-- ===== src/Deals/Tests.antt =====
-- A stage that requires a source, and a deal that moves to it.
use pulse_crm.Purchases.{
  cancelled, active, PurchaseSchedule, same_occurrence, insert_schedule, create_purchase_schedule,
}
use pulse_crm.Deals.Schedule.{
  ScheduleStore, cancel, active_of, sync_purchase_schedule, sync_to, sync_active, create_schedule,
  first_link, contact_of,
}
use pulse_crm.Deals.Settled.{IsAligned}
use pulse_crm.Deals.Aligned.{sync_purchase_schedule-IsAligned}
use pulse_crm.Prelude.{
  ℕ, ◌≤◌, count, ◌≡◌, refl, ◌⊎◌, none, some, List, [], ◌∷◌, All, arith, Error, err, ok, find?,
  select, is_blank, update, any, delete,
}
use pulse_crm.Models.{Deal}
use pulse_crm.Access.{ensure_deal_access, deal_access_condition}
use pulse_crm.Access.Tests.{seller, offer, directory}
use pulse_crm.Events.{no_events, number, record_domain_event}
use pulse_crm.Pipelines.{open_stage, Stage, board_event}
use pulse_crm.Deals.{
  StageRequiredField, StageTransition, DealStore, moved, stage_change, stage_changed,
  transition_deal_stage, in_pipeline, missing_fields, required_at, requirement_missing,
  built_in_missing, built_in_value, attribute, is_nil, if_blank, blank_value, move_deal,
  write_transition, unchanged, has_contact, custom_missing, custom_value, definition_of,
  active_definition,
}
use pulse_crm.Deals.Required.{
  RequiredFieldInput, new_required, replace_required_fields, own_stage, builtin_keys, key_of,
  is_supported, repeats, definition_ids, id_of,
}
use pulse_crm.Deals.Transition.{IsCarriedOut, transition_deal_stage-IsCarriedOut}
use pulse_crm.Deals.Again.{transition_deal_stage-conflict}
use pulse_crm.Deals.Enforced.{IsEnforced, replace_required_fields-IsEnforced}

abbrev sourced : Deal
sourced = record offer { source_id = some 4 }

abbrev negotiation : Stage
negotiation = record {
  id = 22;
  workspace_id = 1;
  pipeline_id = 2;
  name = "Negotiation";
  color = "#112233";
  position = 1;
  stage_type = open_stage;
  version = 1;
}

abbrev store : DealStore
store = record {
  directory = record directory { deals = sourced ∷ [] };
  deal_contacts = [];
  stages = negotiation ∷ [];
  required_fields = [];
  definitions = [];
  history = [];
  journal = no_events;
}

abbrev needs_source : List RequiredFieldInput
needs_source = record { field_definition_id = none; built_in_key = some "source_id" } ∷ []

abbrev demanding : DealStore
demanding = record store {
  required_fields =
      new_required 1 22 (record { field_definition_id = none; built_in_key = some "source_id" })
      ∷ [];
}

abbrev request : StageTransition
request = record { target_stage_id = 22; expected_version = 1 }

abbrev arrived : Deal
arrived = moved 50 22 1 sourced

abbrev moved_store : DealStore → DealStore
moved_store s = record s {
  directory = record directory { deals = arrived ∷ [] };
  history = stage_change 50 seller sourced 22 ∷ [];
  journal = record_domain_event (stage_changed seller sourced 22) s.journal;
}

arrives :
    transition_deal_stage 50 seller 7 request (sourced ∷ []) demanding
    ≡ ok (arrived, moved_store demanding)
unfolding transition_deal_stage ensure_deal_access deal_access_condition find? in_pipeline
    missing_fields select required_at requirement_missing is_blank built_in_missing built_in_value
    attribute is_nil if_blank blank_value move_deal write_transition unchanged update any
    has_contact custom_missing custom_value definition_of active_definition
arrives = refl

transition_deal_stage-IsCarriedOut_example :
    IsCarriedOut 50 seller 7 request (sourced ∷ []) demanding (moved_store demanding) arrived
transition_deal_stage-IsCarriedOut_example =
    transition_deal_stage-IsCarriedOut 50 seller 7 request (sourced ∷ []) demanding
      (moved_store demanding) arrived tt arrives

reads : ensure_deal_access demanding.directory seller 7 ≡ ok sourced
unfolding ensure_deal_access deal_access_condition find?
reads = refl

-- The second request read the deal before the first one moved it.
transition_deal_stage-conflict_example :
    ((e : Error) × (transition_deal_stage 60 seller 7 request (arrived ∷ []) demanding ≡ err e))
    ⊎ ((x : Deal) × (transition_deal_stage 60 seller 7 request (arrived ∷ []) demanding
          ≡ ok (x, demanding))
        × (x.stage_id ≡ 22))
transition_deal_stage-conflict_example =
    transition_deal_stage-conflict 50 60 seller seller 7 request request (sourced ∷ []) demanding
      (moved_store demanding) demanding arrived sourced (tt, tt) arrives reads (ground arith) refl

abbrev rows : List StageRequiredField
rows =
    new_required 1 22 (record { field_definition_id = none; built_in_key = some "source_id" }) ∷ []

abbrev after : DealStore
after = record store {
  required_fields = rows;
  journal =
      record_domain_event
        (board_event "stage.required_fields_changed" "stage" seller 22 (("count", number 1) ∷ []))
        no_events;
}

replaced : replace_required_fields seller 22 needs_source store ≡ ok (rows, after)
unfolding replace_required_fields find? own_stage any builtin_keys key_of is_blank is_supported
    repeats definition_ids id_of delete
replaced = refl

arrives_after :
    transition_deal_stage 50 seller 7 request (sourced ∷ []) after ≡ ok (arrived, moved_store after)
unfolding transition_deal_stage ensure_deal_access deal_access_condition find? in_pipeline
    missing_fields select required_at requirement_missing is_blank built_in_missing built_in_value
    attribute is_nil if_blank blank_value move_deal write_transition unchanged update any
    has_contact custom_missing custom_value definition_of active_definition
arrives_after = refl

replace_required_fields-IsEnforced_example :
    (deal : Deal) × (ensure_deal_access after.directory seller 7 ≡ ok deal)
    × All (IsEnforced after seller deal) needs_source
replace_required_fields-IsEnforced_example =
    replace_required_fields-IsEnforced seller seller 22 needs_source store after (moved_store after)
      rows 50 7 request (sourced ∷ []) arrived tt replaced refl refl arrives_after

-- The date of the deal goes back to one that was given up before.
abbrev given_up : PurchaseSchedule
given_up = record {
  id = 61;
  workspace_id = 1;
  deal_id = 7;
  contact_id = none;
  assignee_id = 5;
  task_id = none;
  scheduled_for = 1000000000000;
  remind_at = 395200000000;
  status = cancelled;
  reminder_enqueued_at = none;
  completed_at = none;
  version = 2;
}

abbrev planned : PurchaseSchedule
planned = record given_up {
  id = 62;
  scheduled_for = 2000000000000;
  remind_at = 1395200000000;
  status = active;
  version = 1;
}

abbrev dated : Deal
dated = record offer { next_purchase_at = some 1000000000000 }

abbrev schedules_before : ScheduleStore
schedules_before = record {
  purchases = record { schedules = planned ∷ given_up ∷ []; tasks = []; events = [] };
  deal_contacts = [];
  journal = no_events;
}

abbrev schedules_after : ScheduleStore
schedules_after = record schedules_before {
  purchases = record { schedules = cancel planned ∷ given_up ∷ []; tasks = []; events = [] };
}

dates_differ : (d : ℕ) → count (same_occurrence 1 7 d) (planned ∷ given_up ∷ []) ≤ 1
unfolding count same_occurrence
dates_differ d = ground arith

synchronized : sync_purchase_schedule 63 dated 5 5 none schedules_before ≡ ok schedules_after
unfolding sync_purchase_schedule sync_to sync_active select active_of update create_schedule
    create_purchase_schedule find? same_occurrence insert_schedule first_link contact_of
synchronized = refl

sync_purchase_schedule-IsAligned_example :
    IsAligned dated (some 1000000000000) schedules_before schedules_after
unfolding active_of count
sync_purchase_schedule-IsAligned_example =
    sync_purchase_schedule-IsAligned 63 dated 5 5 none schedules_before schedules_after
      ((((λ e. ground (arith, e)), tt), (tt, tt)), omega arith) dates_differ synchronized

======

▸ PROBLEM STATEMENT
Reproduce the data in its entirety. Keep every character unchanged.

▸ RESULT
-- ===== src/Deals/Tests.antt =====
-- A stage that requires a source, and a deal that moves to it.
use pulse_crm.Purchases.{
  cancelled, active, PurchaseSchedule, same_occurrence, insert_schedule, create_purchase_schedule,
}
use pulse_crm.Deals.Schedule.{
  ScheduleStore, cancel, active_of, sync_purchase_schedule, sync_to, sync_active, create_schedule,
  first_link, contact_of,
}
use pulse_crm.Deals.Settled.{IsAligned}
use pulse_crm.Deals.Aligned.{sync_purchase_schedule-IsAligned}
use pulse_crm.Prelude.{
  ℕ, ◌≤◌, count, ◌≡◌, refl, ◌⊎◌, none, some, List, [], ◌∷◌, All, arith, Error, err, ok, find?,
  select, is_blank, update, any, delete,
}
use pulse_crm.Models.{Deal}
use pulse_crm.Access.{ensure_deal_access, deal_access_condition}
use pulse_crm.Access.Tests.{seller, offer, directory}
use pulse_crm.Events.{no_events, number, record_domain_event}
use pulse_crm.Pipelines.{open_stage, Stage, board_event}
use pulse_crm.Deals.{
  StageRequiredField, StageTransition, DealStore, moved, stage_change, stage_changed,
  transition_deal_stage, in_pipeline, missing_fields, required_at, requirement_missing,
  built_in_missing, built_in_value, attribute, is_nil, if_blank, blank_value, move_deal,
  write_transition, unchanged, has_contact, custom_missing, custom_value, definition_of,
  active_definition,
}
use pulse_crm.Deals.Required.{
  RequiredFieldInput, new_required, replace_required_fields, own_stage, builtin_keys, key_of,
  is_supported, repeats, definition_ids, id_of,
}
use pulse_crm.Deals.Transition.{IsCarriedOut, transition_deal_stage-IsCarriedOut}
use pulse_crm.Deals.Again.{transition_deal_stage-conflict}
use pulse_crm.Deals.Enforced.{IsEnforced, replace_required_fields-IsEnforced}

abbrev sourced : Deal
sourced = record offer { source_id = some 4 }

abbrev negotiation : Stage
negotiation = record {
  id = 22;
  workspace_id = 1;
  pipeline_id = 2;
  name = "Negotiation";
  color = "#112233";
  position = 1;
  stage_type = open_stage;
  version = 1;
}

abbrev store : DealStore
store = record {
  directory = record directory { deals = sourced ∷ [] };
  deal_contacts = [];
  stages = negotiation ∷ [];
  required_fields = [];
  definitions = [];
  history = [];
  journal = no_events;
}

abbrev needs_source : List RequiredFieldInput
needs_source = record { field_definition_id = none; built_in_key = some "source_id" } ∷ []

abbrev demanding : DealStore
demanding = record store {
  required_fields =
      new_required 1 22 (record { field_definition_id = none; built_in_key = some "source_id" })
      ∷ [];
}

abbrev request : StageTransition
request = record { target_stage_id = 22; expected_version = 1 }

abbrev arrived : Deal
arrived = moved 50 22 1 sourced

abbrev moved_store : DealStore → DealStore
moved_store s = record s {
  directory = record directory { deals = arrived ∷ [] };
  history = stage_change 50 seller sourced 22 ∷ [];
  journal = record_domain_event (stage_changed seller sourced 22) s.journal;
}

arrives :
    transition_deal_stage 50 seller 7 request (sourced ∷ []) demanding
    ≡ ok (arrived, moved_store demanding)
unfolding transition_deal_stage ensure_deal_access deal_access_condition find? in_pipeline
    missing_fields select required_at requirement_missing is_blank built_in_missing built_in_value
    attribute is_nil if_blank blank_value move_deal write_transition unchanged update any
    has_contact custom_missing custom_value definition_of active_definition
arrives = refl

transition_deal_stage-IsCarriedOut_example :
    IsCarriedOut 50 seller 7 request (sourced ∷ []) demanding (moved_store demanding) arrived
transition_deal_stage-IsCarriedOut_example =
    transition_deal_stage-IsCarriedOut 50 seller 7 request (sourced ∷ []) demanding
      (moved_store demanding) arrived tt arrives

reads : ensure_deal_access demanding.directory seller 7 ≡ ok sourced
unfolding ensure_deal_access deal_access_condition find?
reads = refl

-- The second request read the deal before the first one moved it.
transition_deal_stage-conflict_example :
    ((e : Error) × (transition_deal_stage 60 seller 7 request (arrived ∷ []) demanding ≡ err e))
    ⊎ ((x : Deal) × (transition_deal_stage 60 seller 7 request (arrived ∷ []) demanding
          ≡ ok (x, demanding))
        × (x.stage_id ≡ 22))
transition_deal_stage-conflict_example =
    transition_deal_stage-conflict 50 60 seller seller 7 request request (sourced ∷ []) demanding
      (moved_store demanding) demanding arrived sourced (tt, tt) arrives reads (ground arith) refl

abbrev rows : List StageRequiredField
rows =
    new_required 1 22 (record { field_definition_id = none; built_in_key = some "source_id" }) ∷ []

abbrev after : DealStore
after = record store {
  required_fields = rows;
  journal =
      record_domain_event
        (board_event "stage.required_fields_changed" "stage" seller 22 (("count", number 1) ∷ []))
        no_events;
}

replaced : replace_required_fields seller 22 needs_source store ≡ ok (rows, after)
unfolding replace_required_fields find? own_stage any builtin_keys key_of is_blank is_supported
    repeats definition_ids id_of delete
replaced = refl

arrives_after :
    transition_deal_stage 50 seller 7 request (sourced ∷ []) after ≡ ok (arrived, moved_store after)
unfolding transition_deal_stage ensure_deal_access deal_access_condition find? in_pipeline
    missing_fields select required_at requirement_missing is_blank built_in_missing built_in_value
    attribute is_nil if_blank blank_value move_deal write_transition unchanged update any
    has_contact custom_missing custom_value definition_of active_definition
arrives_after = refl

replace_required_fields-IsEnforced_example :
    (deal : Deal) × (ensure_deal_access after.directory seller 7 ≡ ok deal)
    × All (IsEnforced after seller deal) needs_source
replace_required_fields-IsEnforced_example =
    replace_required_fields-IsEnforced seller seller 22 needs_source store after (moved_store after)
      rows 50 7 request (sourced ∷ []) arrived tt replaced refl refl arrives_after

-- The date of the deal goes back to one that was given up before.
abbrev given_up : PurchaseSchedule
given_up = record {
  id = 61;
  workspace_id = 1;
  deal_id = 7;
  contact_id = none;
  assignee_id = 5;
  task_id = none;
  scheduled_for = 1000000000000;
  remind_at = 395200000000;
  status = cancelled;
  reminder_enqueued_at = none;
  completed_at = none;
  version = 2;
}

abbrev planned : PurchaseSchedule
planned = record given_up {
  id = 62;
  scheduled_for = 2000000000000;
  remind_at = 1395200000000;
  status = active;
  version = 1;
}

abbrev dated : Deal
dated = record offer { next_purchase_at = some 1000000000000 }

abbrev schedules_before : ScheduleStore
schedules_before = record {
  purchases = record { schedules = planned ∷ given_up ∷ []; tasks = []; events = [] };
  deal_contacts = [];
  journal = no_events;
}

abbrev schedules_after : ScheduleStore
schedules_after = record schedules_before {
  purchases = record { schedules = cancel planned ∷ given_up ∷ []; tasks = []; events = [] };
}

dates_differ : (d : ℕ) → count (same_occurrence 1 7 d) (planned ∷ given_up ∷ []) ≤ 1
unfolding count same_occurrence
dates_differ d = ground arith

synchronized : sync_purchase_schedule 63 dated 5 5 none schedules_before ≡ ok schedules_after
unfolding sync_purchase_schedule sync_to sync_active select active_of update create_schedule
    create_purchase_schedule find? same_occurrence insert_schedule first_link contact_of
synchronized = refl

sync_purchase_schedule-IsAligned_example :
    IsAligned dated (some 1000000000000) schedules_before schedules_after
unfolding active_of count
sync_purchase_schedule-IsAligned_example =
    sync_purchase_schedule-IsAligned 63 dated 5 5 none schedules_before schedules_after
      ((((λ e. ground (arith, e)), tt), (tt, tt)), omega arith) dates_differ synchronized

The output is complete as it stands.